First-use acronym expansions in this chapter: ML (machine learning), RCF (Random Cut Forest), RRCF (Robust Random Cut Forest — the online-learning variant used in MetaDefender NDR), DNS (Domain Name System), HTTP (Hypertext Transfer Protocol), TLS (Transport Layer Security), SNI (Server Name Indication), JA3 and JA3S (TLS client and server fingerprint hashes), NXDOMAIN (Non-Existent Domain DNS response), TTL (Time-to-Live), TCP (Transmission Control Protocol), SYN / ACK / FIN / PSH / RST (TCP control flags), IP (Internet Protocol), IOC (Indicator of Compromise), C2 (command-and-control), DGA (Domain Generation Algorithm), FIFO (first-in-first-out eviction), CIDR (Classless Inter-Domain Routing), UI (user interface), FRD (Functional Requirements Document), MVP (Minimum Viable Product), PostMVP (features deferred beyond MVP).

What It Is

The ML anomaly family is an unsupervised, streaming-first anomaly detector built on the Robust Random Cut Forest algorithm. The service maintains one independent RCF detector per event type — one for DNS, one for HTTP, one for Flow — and scores every merged event against the detector that matches its Suricata event type. Each detector is a forest of Random Cut Trees that partition a feature space with random cuts; events that settle into sparsely-populated regions of the forest receive a high anomaly score, events that cluster with many others receive a low score. The detector learns continuously: every event it scores also updates the forest, so the model's sense of "normal" tracks the network as it evolves day over day.
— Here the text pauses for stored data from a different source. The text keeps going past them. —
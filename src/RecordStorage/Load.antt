-- ===== src/RecordStorage/Load.antt =====
-- update_handoff_storage.c and download_checkpoint_storage.c of node-stm32f103/common/storage: a
-- commit, then a load.
use secure_delta_ota_bootloa.Base.{
  ◌+◌, ◌≡◌, ◌≢◌, inl, inr, refl, ap, sym, ◌∙◌, subst, true, Option, none, some, arith, Bool-cases,
}
use secure_delta_ota_bootloa.Base.Bytes.{IsU32}
use secure_delta_ota_bootloa.Base.Range.{read_range-eq, read_range-IsByte}
use secure_delta_ota_bootloa.Slots.{Slot, slot_none, slot_a, slot_b, select_write, next_generation}
use secure_delta_ota_bootloa.Slots.Order.{
  next_range, newest_after_a, newest_after_b, newest_after_first,
}
use secure_delta_ota_bootloa.NorFlash.{NorFlash, NorLaws, SameMemory}
use secure_delta_ota_bootloa.ExternalStorage.Frame.{start_of}
use secure_delta_ota_bootloa.ExternalStorage.Isolation.{partitions_disjoint}
use secure_delta_ota_bootloa.RecordStorage.{
  RecordKind, KindLaws, AreApart, StoreResult, ok, read_failed, partition_for_slot, read_both,
  candidate, newest_of, commit, load, generation_in, loaded, replace_sector,
}
use secure_delta_ota_bootloa.RecordStorage.Steps.{
  bytes_in, stored_at, bytes_in-SameMemory, read_both-value, size_of_slot,
}
use secure_delta_ota_bootloa.RecordStorage.Commit.{Replaced, replace_sector-ok}

module _ (own other : RecordKind) (nor : NorFlash) (laws : NorLaws nor) (own_laws : KindLaws own)
    (other_laws : KindLaws other) (apart : AreApart own other) where
  open nor use {Device, memory}

  -- What the newest and the next record are on a device.
  abbrev pub newest_on : Device → Slot
  newest_on d = newest_of own nor (stored_at own nor slot_a d) (stored_at own nor slot_b d)

  abbrev pub candidate_on : own.Rec → Device → own.Rec
  candidate_on r d = candidate own nor r (stored_at own nor slot_a d) (stored_at own nor slot_b d)

  -- A result that put `c` into the slot `t` of the device `d`.
  pub record Committed (c : own.Rec) (t : Slot) (d : Device) (result : StoreResult own.Rec Device)
      : Type 0 where
    pub valid : own.is_valid c ≡ true
    pub after_read : Device
    pub same : SameMemory nor d after_read
    pub replaced :
        Replaced own other nor laws own_laws other_laws apart t c after_read result.device
    pub found : result.found ≡ some (own.decode (own.encode c))
    pub slot : result.slot ≡ t

  pub commit-ok :
      (r : own.Rec) (d : Device)
      → (commit own nor other (some r) d).status ≡ ok
      → Committed
          (candidate_on r d)
          (select_write (newest_on d))
          d
          (commit own nor other (some r) d)
  commit-ok r d done = through (read_both own nor d) refl
    where
      over : own.Rec → own.Rec → Type 0
      over a b =
          Committed (candidate own nor r a b) (select_write (newest_of own nor a b)) d
            (commit own nor other (some r) d)

      through :
          (result : Option (own.Rec × own.Rec) × Device)
          → read_both own nor d ≡ result
          → over (stored_at own nor slot_a d) (stored_at own nor slot_b d)
      through (none, f) q = absurd (unfold commit in ground (arith, done, q))
      through (some (a, b), f) q =
          let (at_a, at_b, same) = read_both-value own nor laws d a b f q in
          elim (Bool-cases (own.is_valid (candidate own nor r a b))) [
            | inr bad ↦ absurd (unfold commit in ground (arith, done, q, bad))
            | inl good ↦
                let t = select_write (newest_of own nor a b) in
                let c = candidate own nor r a b in
                let run : commit own nor other (some r) d ≡ replace_sector own nor other t c f =
                  unfold commit in rw (q, good) refl in
                let (replaced, found, slot) =
                  replace_sector-ok own other nor laws own_laws other_laws apart t c f
                    (ap (λ x. x.status) (sym run) ∙ done) in
                subst (λ x. over x (stored_at own nor slot_b d)) at_a
                  (subst (λ x. over a x) at_b
                    (subst (λ x. Committed c t d x) (sym run)
                      record {
                        valid = good;
                        after_read = f;
                        same = same;
                        replaced = replaced;
                        found = found;
                        slot = slot;
                      }))
          ]

  -- A record in the sector of the other slot is untouched.
  pub kept_slot :
      (k : RecordKind) (k_laws : KindLaws k) (s t : Slot)
      → partition_for_slot t ≢ partition_for_slot s
      → (c : own.Rec) (d e : Device) → Replaced own other nor laws own_laws other_laws apart t c d e
      → stored_at k nor s e ≡ stored_at k nor s d
  kept_slot k k_laws s t ne c d e replaced = ap k.decode (
      read_range-eq (memory e) (memory d) (start_of (partition_for_slot s) + k.offset) k.size
        (λ a lo hi. replaced.frame a (
          partitions_disjoint (partition_for_slot t) (partition_for_slot s) a ne
            (omega (arith, lo), omega (arith, hi, size_of_slot s, k_laws.fits)))))

  stored-IsU32 : (s : Slot) (d : Device) → IsU32 (own.generation (stored_at own nor s d))
  stored-IsU32 s d = own_laws.decode_generation (bytes_in own nor (partition_for_slot s) d) (
      read_range-IsByte (memory d) (start_of (partition_for_slot s) + own.offset) own.size
        (laws.memory_byte d))

  a_not_b : partition_for_slot slot_a ≢ partition_for_slot slot_b
  unfolding partition_for_slot
  a_not_b e = cc

  -- The record that was put beside the newest one is the newest.
  newest_sealed :
      (s : Slot) (c : own.Rec) (before after : Slot → own.Rec)
      → IsU32 (own.generation (before slot_a))
      → IsU32 (own.generation (before slot_b))
      → newest_of own nor (before slot_a) (before slot_b) ≡ s
      → own.is_valid c ≡ true
      → own.generation c ≡ next_generation (generation_in own nor s (before slot_a) (before slot_b))
      → after (select_write s) ≡ c
      → (select_write s ≡ slot_b → after slot_a ≡ before slot_a)
      → (select_write s ≡ slot_a → after slot_b ≡ before slot_b)
      → newest_of own nor (after slot_a) (after slot_b) ≡ select_write s
  unfolding newest_of select_write
  newest_sealed slot_a c before after word_a word_b current good next holds kept_a kept_b =
      rw (kept_a refl, holds, good, next) (newest_after_b _ _ _ _ word_a current)
  newest_sealed slot_b c before after word_a word_b current good next holds kept_a kept_b =
      rw (kept_b refl, holds, good, next) (newest_after_a _ _ _ _ word_b current)
  newest_sealed slot_none c before after word_a word_b current good next holds kept_a kept_b =
      rw (kept_b refl, holds, good) (newest_after_first _ _ _ _ _ current)

  newest_committed :
      (r : own.Rec) (d f e : Device)
      → SameMemory nor d f
      → own.is_valid (candidate_on r d) ≡ true
      → Replaced own other nor laws own_laws other_laws apart
          (select_write (newest_on d))
          (candidate_on r d)
          f
          e
      → stored_at own nor (select_write (newest_on d)) e ≡ candidate_on r d
      → newest_on e ≡ select_write (newest_on d)
  newest_committed r d f e same good replaced holds =
      newest_sealed (newest_on d) (candidate_on r d) (λ s. stored_at own nor s d)
        (λ s. stored_at own nor s e) (stored-IsU32 slot_a d) (stored-IsU32 slot_b d) refl good
        (unfold candidate in own_laws.seal_generation _ r) holds
        (λ t. kept slot_a (λ p. a_not_b (sym p ∙ ap partition_for_slot t)))
        (λ t. kept slot_b (λ p. a_not_b (sym (ap partition_for_slot t) ∙ p)))
    where
      kept :
          (s : Slot)
          → partition_for_slot (select_write (newest_on d)) ≢ partition_for_slot s
          → stored_at own nor s e ≡ stored_at own nor s d
      kept s ne =
          kept_slot own own_laws s (select_write (newest_on d)) ne (candidate_on r d) f e replaced
          ∙ ap own.decode (bytes_in-SameMemory own nor (partition_for_slot s) d f same)

  target_not_none : (s : Slot) → select_write s ≢ slot_none
  unfolding select_write
  target_not_none slot_a e = cc
  target_not_none slot_b e = cc
  target_not_none slot_none e = cc

  -- A load that can read both slots of a device returns the newest record of its memory.
  pub load-newest_record :
      (s : Slot) (d : Device)
      → s ≢ slot_none
      → newest_on d ≡ s
      → (load own nor d).status ≢ read_failed
      → ((load own nor d).status ≡ ok)
        × ((load own nor d).found ≡ some (stored_at own nor s d))
        × ((load own nor d).slot ≡ s)
  load-newest_record s d ne current readable = through (read_both own nor d) refl
    where
      of_slot :
          (t : Slot) (a b : own.Rec) (f : Device)
          → newest_of own nor a b ≡ t
          → t ≢ slot_none
          → (a ≡ stored_at own nor slot_a d)
          → (b ≡ stored_at own nor slot_b d)
          → let result = loaded own nor t a b f in
            (result.status ≡ ok) × (result.found ≡ some (stored_at own nor t d)) × (result.slot ≡ t)
      of_slot slot_none a b f e ne' at_a at_b = absurd (ne' refl)
      of_slot slot_a a b f e ne' at_a at_b = (refl, ap some at_a, refl)
      of_slot slot_b a b f e ne' at_a at_b = (refl, ap some at_b, refl)

      through :
          (result : Option (own.Rec × own.Rec) × Device)
          → read_both own nor d ≡ result
          → ((load own nor d).status ≡ ok)
            × ((load own nor d).found ≡ some (stored_at own nor s d))
            × ((load own nor d).slot ≡ s)
      through (none, f) q = absurd (readable (unfold load in rw q refl))
      through (some (a, b), f) q =
          let (at_a, at_b, same) = read_both-value own nor laws d a b f q in
          let t : newest_of own nor a b ≡ s = rw (at_a, at_b) current in
          unfold load in rw (q, t) (of_slot s a b f t ne at_a at_b)

  -- After a commit that reports success, a load that reads both sectors returns the committed record
  -- and the slot that the commit reported; the commit itself handed back that record.
  pub store_commit-load :
      (r : own.Rec) (d : Device)
      → own_laws.IsRec r
      → let done = commit own nor other (some r) d in
        done.status ≡ ok
        → (load own nor done.device).status ≢ read_failed
        → (done.found ≡ some (candidate_on r d))
          × ((load own nor done.device).status ≡ ok)
          × ((load own nor done.device).found ≡ some (candidate_on r d))
          × ((load own nor done.device).slot ≡ done.slot)
  store_commit-load r d is_rec success readable =
      let c = commit-ok r d success in
      let e = (commit own nor other (some r) d).device in
      let sealed =
        own_laws.decode_encode (candidate_on r d)
          (unfold candidate in own_laws.seal_record _ r (next_range _).0 is_rec) in
      let holds = ap own.decode c.replaced.own_bytes ∙ sealed in
      let (good, found, slot) =
        load-newest_record (select_write (newest_on d)) e (target_not_none (newest_on d))
          (newest_committed r d c.after_read e c.same c.valid c.replaced holds) readable in
      (c.found ∙ ap some sealed, good, found ∙ ap some holds, slot ∙ sym c.slot)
Operators never train the model offline. There is no labeled dataset, no training phase, no scheduled retraining. The detector warms up inside the first few hundred events it sees — scores on the first events after a cold start are discarded — and improves its separation as live traffic streams in. When a detector scores an event above the configured per-type threshold, the service emits an ML anomaly alert carrying the score, the threshold it crossed, the model version, and the original event so analysts can pivot straight into the triggering record without leaving the alert.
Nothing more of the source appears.